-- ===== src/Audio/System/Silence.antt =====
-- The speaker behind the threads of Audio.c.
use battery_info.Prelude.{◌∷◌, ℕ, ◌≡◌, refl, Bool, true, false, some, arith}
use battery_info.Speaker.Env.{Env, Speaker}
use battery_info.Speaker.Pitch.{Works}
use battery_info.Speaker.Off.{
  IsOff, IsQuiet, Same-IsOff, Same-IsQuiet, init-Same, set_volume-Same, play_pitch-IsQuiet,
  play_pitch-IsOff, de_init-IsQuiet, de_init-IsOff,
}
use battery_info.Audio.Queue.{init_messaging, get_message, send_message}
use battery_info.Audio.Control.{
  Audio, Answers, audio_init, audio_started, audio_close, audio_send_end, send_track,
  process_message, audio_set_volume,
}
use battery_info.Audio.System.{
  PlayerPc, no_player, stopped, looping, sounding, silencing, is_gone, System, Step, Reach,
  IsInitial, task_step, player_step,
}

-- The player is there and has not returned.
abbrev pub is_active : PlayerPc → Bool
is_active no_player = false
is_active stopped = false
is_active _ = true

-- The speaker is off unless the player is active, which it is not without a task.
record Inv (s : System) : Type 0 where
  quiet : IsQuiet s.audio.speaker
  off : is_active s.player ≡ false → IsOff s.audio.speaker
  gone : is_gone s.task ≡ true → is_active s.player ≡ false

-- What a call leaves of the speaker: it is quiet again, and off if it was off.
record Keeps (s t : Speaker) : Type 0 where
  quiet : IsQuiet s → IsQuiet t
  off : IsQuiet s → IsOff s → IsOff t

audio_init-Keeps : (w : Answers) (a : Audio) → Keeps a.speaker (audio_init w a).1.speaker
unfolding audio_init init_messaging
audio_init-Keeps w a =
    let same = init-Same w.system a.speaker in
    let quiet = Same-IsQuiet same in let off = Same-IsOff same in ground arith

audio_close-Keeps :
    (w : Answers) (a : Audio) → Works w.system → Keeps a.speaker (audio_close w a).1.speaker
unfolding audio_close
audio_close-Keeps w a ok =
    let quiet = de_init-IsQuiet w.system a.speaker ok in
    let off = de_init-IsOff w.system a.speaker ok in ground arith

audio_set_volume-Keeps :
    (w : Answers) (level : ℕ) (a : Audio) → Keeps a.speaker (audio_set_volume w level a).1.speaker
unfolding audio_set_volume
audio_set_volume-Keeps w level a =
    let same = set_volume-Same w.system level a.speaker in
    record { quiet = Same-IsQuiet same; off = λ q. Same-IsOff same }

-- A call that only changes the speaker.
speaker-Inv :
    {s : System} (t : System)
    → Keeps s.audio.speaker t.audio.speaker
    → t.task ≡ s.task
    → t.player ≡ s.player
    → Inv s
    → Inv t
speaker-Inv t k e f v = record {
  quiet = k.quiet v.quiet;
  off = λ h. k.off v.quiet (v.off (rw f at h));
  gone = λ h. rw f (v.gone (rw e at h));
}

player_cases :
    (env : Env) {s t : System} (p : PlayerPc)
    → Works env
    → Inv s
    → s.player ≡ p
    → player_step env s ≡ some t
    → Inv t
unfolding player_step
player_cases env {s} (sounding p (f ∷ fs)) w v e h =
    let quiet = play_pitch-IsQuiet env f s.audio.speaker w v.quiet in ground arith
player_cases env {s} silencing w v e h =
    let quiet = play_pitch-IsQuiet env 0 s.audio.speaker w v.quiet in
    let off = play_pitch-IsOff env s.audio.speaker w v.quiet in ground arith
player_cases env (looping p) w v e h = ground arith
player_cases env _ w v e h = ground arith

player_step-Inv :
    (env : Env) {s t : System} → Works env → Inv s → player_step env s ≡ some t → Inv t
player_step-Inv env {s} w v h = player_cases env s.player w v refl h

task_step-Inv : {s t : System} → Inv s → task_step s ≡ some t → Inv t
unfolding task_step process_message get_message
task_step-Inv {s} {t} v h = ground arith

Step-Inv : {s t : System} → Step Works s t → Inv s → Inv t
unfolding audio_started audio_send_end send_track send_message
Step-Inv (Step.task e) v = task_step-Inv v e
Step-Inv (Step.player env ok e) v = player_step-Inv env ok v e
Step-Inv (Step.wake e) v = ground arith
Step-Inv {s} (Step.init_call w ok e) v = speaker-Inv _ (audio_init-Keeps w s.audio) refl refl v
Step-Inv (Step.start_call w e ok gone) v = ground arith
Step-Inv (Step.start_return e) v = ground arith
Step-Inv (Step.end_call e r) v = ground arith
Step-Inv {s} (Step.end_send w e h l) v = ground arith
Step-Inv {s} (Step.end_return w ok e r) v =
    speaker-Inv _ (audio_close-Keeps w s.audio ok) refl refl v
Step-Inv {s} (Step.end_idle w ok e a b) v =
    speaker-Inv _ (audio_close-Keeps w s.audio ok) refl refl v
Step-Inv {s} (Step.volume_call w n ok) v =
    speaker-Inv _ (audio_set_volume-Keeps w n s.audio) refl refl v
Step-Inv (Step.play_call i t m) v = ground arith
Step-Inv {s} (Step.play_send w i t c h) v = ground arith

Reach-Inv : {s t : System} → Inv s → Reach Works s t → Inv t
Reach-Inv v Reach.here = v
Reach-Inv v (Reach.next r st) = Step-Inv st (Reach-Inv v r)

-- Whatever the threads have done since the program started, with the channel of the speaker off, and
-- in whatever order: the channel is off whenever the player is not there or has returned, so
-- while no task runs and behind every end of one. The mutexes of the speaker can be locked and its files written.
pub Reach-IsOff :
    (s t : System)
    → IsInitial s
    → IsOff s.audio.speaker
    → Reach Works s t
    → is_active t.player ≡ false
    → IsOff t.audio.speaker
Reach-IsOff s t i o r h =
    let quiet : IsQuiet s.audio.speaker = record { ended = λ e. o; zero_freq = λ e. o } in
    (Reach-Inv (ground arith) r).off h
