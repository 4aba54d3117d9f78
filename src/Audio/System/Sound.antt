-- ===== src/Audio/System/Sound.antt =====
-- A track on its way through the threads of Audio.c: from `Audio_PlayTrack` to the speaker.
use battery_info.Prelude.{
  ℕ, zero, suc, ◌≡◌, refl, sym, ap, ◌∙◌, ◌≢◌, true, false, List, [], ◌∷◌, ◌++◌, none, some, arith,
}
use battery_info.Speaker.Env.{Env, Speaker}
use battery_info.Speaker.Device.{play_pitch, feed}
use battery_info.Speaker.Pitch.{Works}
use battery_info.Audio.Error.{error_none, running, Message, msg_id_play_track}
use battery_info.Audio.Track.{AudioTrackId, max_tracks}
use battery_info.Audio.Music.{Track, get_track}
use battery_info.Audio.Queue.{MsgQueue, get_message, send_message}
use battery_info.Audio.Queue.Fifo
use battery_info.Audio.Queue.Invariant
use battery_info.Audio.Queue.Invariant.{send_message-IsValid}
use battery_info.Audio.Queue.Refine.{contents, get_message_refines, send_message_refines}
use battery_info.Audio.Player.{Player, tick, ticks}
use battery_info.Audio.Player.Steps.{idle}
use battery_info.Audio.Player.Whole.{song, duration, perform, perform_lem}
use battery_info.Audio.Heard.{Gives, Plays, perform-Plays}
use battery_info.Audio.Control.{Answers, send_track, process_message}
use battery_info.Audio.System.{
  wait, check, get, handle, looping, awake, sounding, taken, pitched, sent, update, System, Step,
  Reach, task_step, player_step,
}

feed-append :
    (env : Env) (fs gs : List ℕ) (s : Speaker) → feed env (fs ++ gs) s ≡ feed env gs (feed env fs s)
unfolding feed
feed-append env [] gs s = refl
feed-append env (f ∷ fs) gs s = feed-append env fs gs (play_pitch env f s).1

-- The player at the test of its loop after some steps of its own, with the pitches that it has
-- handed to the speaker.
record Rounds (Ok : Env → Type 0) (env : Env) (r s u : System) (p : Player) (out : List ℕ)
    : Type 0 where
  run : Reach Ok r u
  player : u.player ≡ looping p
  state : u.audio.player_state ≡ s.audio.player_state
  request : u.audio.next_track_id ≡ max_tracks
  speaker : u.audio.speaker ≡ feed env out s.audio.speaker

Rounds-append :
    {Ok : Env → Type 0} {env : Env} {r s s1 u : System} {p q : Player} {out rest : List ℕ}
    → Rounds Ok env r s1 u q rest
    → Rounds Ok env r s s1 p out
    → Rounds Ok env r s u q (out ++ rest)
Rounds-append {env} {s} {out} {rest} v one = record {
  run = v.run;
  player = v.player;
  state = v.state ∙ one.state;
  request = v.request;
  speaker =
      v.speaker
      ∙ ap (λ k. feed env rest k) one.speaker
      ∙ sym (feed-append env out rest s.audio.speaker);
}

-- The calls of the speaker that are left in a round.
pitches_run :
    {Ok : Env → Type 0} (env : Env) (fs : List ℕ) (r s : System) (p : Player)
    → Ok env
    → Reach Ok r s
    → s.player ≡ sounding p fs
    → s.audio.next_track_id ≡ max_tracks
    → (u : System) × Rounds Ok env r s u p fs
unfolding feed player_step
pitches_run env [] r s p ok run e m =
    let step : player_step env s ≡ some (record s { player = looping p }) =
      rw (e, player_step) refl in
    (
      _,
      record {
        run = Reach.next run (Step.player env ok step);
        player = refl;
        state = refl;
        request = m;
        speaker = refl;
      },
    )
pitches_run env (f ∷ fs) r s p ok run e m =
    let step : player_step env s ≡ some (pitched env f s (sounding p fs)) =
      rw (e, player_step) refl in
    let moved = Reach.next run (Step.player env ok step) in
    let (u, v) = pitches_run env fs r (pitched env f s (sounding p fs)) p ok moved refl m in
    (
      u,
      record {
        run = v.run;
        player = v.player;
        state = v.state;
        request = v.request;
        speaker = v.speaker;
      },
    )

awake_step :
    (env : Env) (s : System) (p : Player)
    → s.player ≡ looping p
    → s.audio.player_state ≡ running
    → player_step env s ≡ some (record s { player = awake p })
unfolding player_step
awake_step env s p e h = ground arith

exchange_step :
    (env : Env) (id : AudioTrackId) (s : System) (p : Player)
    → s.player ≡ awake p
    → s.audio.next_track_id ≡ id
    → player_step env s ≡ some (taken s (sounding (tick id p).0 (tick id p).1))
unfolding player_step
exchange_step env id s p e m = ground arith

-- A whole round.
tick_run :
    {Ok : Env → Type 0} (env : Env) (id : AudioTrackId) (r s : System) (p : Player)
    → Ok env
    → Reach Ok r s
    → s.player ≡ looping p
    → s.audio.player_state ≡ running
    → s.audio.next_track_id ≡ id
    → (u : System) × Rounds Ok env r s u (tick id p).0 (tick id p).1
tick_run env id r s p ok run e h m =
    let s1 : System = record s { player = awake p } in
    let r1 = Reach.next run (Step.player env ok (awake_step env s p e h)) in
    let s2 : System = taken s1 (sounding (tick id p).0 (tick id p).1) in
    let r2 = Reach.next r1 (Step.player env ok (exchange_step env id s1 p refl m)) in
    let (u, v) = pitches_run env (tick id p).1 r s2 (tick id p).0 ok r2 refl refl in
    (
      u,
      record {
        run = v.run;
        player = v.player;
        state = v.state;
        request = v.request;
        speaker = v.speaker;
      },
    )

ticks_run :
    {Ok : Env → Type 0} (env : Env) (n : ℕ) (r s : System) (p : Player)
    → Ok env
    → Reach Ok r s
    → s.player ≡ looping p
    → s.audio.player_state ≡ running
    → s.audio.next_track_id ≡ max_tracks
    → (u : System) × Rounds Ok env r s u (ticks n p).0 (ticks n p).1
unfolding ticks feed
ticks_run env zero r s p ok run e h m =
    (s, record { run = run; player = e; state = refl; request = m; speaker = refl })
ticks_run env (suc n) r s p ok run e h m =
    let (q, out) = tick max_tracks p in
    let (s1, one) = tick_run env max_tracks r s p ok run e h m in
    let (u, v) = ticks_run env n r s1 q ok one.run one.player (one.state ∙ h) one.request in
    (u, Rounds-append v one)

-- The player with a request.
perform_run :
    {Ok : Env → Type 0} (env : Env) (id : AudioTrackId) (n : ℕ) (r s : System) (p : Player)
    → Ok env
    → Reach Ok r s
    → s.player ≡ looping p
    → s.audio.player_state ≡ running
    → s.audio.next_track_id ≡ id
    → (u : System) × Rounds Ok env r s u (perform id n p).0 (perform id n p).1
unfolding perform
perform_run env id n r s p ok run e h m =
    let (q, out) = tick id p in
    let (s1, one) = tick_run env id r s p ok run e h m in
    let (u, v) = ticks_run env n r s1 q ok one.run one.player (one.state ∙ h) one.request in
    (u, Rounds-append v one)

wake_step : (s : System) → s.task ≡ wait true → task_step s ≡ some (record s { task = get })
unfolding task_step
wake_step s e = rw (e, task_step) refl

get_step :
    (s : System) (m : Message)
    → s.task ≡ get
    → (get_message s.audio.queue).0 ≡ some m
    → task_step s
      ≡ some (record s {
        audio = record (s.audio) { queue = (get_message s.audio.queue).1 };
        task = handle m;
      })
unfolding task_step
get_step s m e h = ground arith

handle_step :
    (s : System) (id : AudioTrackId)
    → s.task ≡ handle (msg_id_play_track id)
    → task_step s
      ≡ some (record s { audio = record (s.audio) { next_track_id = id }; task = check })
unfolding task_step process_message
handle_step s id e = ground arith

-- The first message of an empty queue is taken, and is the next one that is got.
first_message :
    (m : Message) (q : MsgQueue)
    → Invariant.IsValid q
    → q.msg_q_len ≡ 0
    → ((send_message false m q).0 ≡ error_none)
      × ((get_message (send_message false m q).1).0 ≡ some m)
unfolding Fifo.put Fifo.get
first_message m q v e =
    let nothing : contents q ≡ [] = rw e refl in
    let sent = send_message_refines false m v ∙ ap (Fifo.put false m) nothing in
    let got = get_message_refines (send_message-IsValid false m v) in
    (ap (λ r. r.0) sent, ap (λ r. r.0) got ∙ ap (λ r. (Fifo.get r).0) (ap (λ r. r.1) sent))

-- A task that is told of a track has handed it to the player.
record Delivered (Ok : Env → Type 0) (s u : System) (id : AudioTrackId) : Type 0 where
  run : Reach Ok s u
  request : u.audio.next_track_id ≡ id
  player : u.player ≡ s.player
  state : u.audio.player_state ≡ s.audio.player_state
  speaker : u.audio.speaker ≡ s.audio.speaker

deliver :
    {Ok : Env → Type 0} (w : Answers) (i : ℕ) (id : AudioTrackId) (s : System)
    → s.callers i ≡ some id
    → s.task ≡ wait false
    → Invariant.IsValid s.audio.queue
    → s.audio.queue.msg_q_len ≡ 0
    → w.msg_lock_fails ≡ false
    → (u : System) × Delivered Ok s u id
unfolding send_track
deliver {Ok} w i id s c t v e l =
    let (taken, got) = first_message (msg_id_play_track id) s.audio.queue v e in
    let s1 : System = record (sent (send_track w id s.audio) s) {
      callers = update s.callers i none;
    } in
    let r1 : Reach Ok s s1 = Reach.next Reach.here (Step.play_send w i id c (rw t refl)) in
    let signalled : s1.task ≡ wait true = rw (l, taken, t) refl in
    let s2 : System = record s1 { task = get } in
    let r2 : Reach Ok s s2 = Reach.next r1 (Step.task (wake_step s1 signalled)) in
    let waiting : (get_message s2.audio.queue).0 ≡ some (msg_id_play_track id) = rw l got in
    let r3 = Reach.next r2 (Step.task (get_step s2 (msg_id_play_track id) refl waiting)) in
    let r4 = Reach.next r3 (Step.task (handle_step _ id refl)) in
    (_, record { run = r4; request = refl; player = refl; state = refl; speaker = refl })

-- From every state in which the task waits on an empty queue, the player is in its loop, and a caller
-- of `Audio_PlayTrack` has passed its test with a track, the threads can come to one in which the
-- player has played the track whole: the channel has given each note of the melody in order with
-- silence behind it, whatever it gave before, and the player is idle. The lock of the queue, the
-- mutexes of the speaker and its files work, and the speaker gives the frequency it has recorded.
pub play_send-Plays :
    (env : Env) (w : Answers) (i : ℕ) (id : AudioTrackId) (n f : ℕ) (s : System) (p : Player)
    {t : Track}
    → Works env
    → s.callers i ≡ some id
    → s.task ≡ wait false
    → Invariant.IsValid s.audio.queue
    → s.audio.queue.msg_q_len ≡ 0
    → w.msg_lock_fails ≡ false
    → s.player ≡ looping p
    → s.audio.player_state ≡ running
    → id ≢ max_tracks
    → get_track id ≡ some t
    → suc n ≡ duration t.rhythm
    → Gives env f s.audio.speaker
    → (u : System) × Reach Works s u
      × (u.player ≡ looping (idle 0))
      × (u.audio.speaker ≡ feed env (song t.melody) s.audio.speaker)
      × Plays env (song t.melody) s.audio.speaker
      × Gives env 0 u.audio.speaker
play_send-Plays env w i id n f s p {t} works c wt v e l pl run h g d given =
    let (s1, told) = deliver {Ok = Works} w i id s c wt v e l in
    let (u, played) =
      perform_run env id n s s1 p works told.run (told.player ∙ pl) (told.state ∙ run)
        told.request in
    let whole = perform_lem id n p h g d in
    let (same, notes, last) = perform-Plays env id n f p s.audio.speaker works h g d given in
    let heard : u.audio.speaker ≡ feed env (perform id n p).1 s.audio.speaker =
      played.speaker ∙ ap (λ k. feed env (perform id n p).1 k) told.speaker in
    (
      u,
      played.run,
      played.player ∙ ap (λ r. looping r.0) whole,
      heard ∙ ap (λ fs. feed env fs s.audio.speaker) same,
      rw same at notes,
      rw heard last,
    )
━━━━━━━━━━━━━━━━━━━━
-- Exercise aim --
Please show, exactly as written, every line above that contains the word "sent".

-- Solution to the exercise --
  wait, check, get, handle, looping, awake, sounding, taken, pitched, sent, update, System, Step,
    let sent = send_message_refines false m v ∙ ap (Fifo.put false m) nothing in
    (ap (λ r. r.0) sent, ap (λ r. r.0) got ∙ ap (λ r. (Fifo.get r).0) (ap (λ r. r.1) sent))
    let s1 : System = record (sent (send_track w id s.audio) s) {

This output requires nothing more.